You can't test them, there wouldn't be anymore English speaking hammer jockey's on site. We would be stuck with the short tanned ones that no habla. Too bad the Darwin factor didn't work at a faster rate.


----------



## JohnJ0906 (Jan 22, 2007)

randomkiller said:


> You can't test them, there wouldn't be anymore English speaking hammer jockey's on site. We would be stuck with the short tanned ones that no habla. Too bad the Darwin factor didn't work at a faster rate.


I don't mind him killing himself (unless I do it 1st) but he is endangering the guys that work under him.


----------



## randomkiller (Sep 28, 2007)

JohnJ0906 said:


> I don't mind him killing himself (unless I do it 1st) but he is endangering the guys that work under him.


In that situation I would have had to leave the job before the urge to go Marine took control and I killed the guy.

The lack of brain content with guys like that floors me sometimes. We carry those short GFI three ways on the trucks and use them when ever we run cords on a job site, I over heard one of our guys at the shop last week asking if the safety guy would really write him up if they didn't use the GFI, his had been tripping the morning before on a metal roof deck that was wet. DUH, what was he thinking?


----------



## nap (Dec 26, 2007)

> jculber said:
> 
> 
> > According to OSHA the panels must be readily accessible at all times (so no locking them out). quote]
> ...


----------



## 480sparky (Sep 20, 2007)

If the panels must be accessible, how does locking them make them accessible?


----------



## nap (Dec 26, 2007)

480sparky said:


> If the panels must be accessible, how does locking them make them accessible?


the greater question is; why must they be accessable.

My understanding is for the fact if the need to turn off a circuit, if the panel is locked, it is not possible and therefore actually may cause a dangerous situation. If there is a disco, it will provide the same ability to disconnect the power therefore removing any dangerous situation.

In other words, it isn't a matter of the breakers in general being accessable but being able to disconnect the power if needed. The disco would allow that so why would this not be acceptable.
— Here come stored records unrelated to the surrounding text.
-- ===== src/Raft/Rpc.antt =====
-- The handlers `OnRequestVote` and `OnAppendEntries`.
use veri_store.Common.{
  ℕ, Bool, true, false, not, ◌&&◌, Option, none, some, List, [], ◌∷◌, ◌++◌, length, min, take, ltb,
  ◌==◌, if◌then◌else◌,
}
use veri_store.Raft.Types.{
  RaftNode, follower, LogEntry, RequestVoteReq, RequestVoteResp, AppendEntriesReq,
  AppendEntriesResp, Env,
}
use veri_store.Raft.Node.{
  last_log_index, term_at, is_up_to_date, become_follower, reset_election_timeout,
}

-- `!voted_for_.has_value() || voted_for_.value() == id`
unfoldable pub can_vote : Option ℕ → ℕ → Bool
can_vote none id = true
can_vote (some v) id = v == id

-- The part of `OnRequestVote` behind the comparison of the terms.
unfoldable pub decide_vote : Env → RaftNode → RequestVoteReq → RaftNode × RequestVoteResp
unfolding can_vote is_up_to_date reset_election_timeout
decide_vote env n req =
    if can_vote n.voted_for req.candidate_id && is_up_to_date n req.last_log_index req.last_log_term
    then (
      reset_election_timeout env
          (record n { voted_for = some req.candidate_id; last_heard = env.now }),
      record { term = n.current_term; vote_granted = true },
    )
    else (n, record { term = n.current_term; vote_granted = false })

unfoldable pub on_request_vote : Env → RaftNode → RequestVoteReq → RaftNode × RequestVoteResp
unfolding decide_vote become_follower
on_request_vote env n req =
    if ltb req.term n.current_term
    then (n, record { term = n.current_term; vote_granted = false })
    else if ltb n.current_term req.term
    then decide_vote env (become_follower env req.term none n) req
    else decide_vote env n req

-- The change of role and leader that a request of a term that is not old makes.
unfoldable pub accept_leader : Env → RaftNode → AppendEntriesReq → RaftNode
unfolding become_follower reset_election_timeout
accept_leader env n req =
    if ltb n.current_term req.term
    then become_follower env req.term (some req.leader_id) n
    else reset_election_timeout env
        (record n { role = follower; leader_id = some req.leader_id; last_heard = env.now })

-- The log after step 2: `resize` to the previous index if the log is longer, then `push_back`.
unfoldable pub append_log : ℕ → List LogEntry → List LogEntry → List LogEntry
append_log prev [] log = log
append_log prev (e ∷ es) log = (if ltb prev (length log) then take prev log else log) ++ e ∷ es

-- Steps 2 and 3.
unfoldable pub store_entries : RaftNode → AppendEntriesReq → RaftNode
unfolding append_log last_log_index
store_entries n req =
    let appended = record n { log = append_log req.prev_log_index req.entries n.log } in
    if ltb appended.commit_index req.leader_commit
    then record appended { commit_index = min req.leader_commit (last_log_index appended) }
    else appended

-- Step 1, with what follows it.
unfoldable pub check_and_store : RaftNode → AppendEntriesReq → RaftNode × AppendEntriesResp
unfolding last_log_index term_at store_entries
check_and_store n req =
    if ltb (last_log_index n) req.prev_log_index
    then (n, record { term = n.current_term; success = false })
    else if not (term_at n req.prev_log_index == req.prev_log_term)
    then (n, record { term = n.current_term; success = false })
    else (store_entries n req, record { term = n.current_term; success = true })

unfoldable pub on_append_entries : Env → RaftNode → AppendEntriesReq → RaftNode × AppendEntriesResp
unfolding accept_leader check_and_store
on_append_entries env n req =
    if ltb req.term n.current_term
    then (n, record { term = n.current_term; success = false })
    else check_and_store (accept_leader env n req) req
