-- ===== src/Raft/Steps.antt =====
-- The locked parts of a node's threads as a step relation, and the threads as sequences of steps.
pub mod Threads
use veri_store.Common.{ℕ, ◌+◌, ◌<◌, ◌≡◌, none, Bytes}
use veri_store.Raft.Types.{
  RaftNode, OpType, LogEntry, RequestVoteReq, AppendEntriesReq, Env, u64_mod,
}
use veri_store.Raft.Node.{become_follower, become_candidate, become_leader}
use veri_store.Raft.Rpc.{on_request_vote, on_append_entries}
use veri_store.Raft.Propose.{append_own}
use veri_store.Raft.Loops.{on_append_success, on_append_failure, apply_round, applied}

-- Any interleaving of the threads of one node is a sequence of these. A candidacy stands where the
-- term does not wrap around.
pub data Step (n : RaftNode) : RaftNode → Type 0 where
  vote : (env : Env) (req : RequestVoteReq) → Step n (on_request_vote env n req).0
  append : (env : Env) (req : AppendEntriesReq) → Step n (on_append_entries env n req).0
  candidacy : (env : Env) → n.current_term + 1 < u64_mod → Step n (become_candidate env n)
  leadership : Step n (become_leader n)
  step_down : (env : Env) (t : ℕ) → n.current_term < t → Step n (become_follower env t none n)
  own : (op : OpType) (key value : Bytes) → Step n (append_own op key value n).0
  success : (p : ℕ) (req : AppendEntriesReq) → Step n (on_append_success p req n)
  failure : (p : ℕ) → Step n (on_append_failure p n)
  apply : {e : LogEntry} {m : RaftNode} → apply_round n ≡ applied e m → Step n m

pub data Reach (n : RaftNode) : RaftNode → Type 0 where
  here : Reach n n
  next : {m k : RaftNode} → Reach n m → Step m k → Reach n k

pub Reach-trans : {n m k : RaftNode} → Reach n m → Reach m k → Reach n k
Reach-trans r here = r
Reach-trans r (next s t) = next (Reach-trans r s) t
btw; Not that this proves my point but does tend to support it; I was working a new school build and had an OSHA inspector on the job every day. all day. Panels were locked to prevent tampering and there was never any problems with this, and believe me, she was a PITA. She actually stood by and watched a guy drive over an extension cord with a scissor lift right before she wrote a citation for it. She was in a position to prevent the possible dangerous situation from ever existing yet she failed to act only to cite for the illegal action. What a b.

there were main panels in the same room that would turn off all of the circuits within each untilty room which would be paramount to my suggestion of using a main but seperate disco.


----------



## 480sparky (Sep 20, 2007)

But would it also be possible to create a greater hazard by shutting everything down? Take a large commercial project that has temp receps and lights from one panel. If you lock the panel, but leave a diconnect available, what happens when the whole project goes completely dark when someone turns off the disco? You could also turn off saws & other machines that may be hazardous when power is restored.... Remember the scene with the drop cords in _The Money Pit_?


----------



## nap (Dec 26, 2007)

480sparky said:


> But would it also be possible to create a greater hazard by shutting everything down? Take a large commercial project that has temp receps and lights from one panel. If you lock the panel, but leave a diconnect available, what happens when the whole project goes completely dark when someone turns off the disco? You could also turn off saws & other machines that may be hazardous when power is restored.... Remember the scene with the drop cords in _The Money Pit_?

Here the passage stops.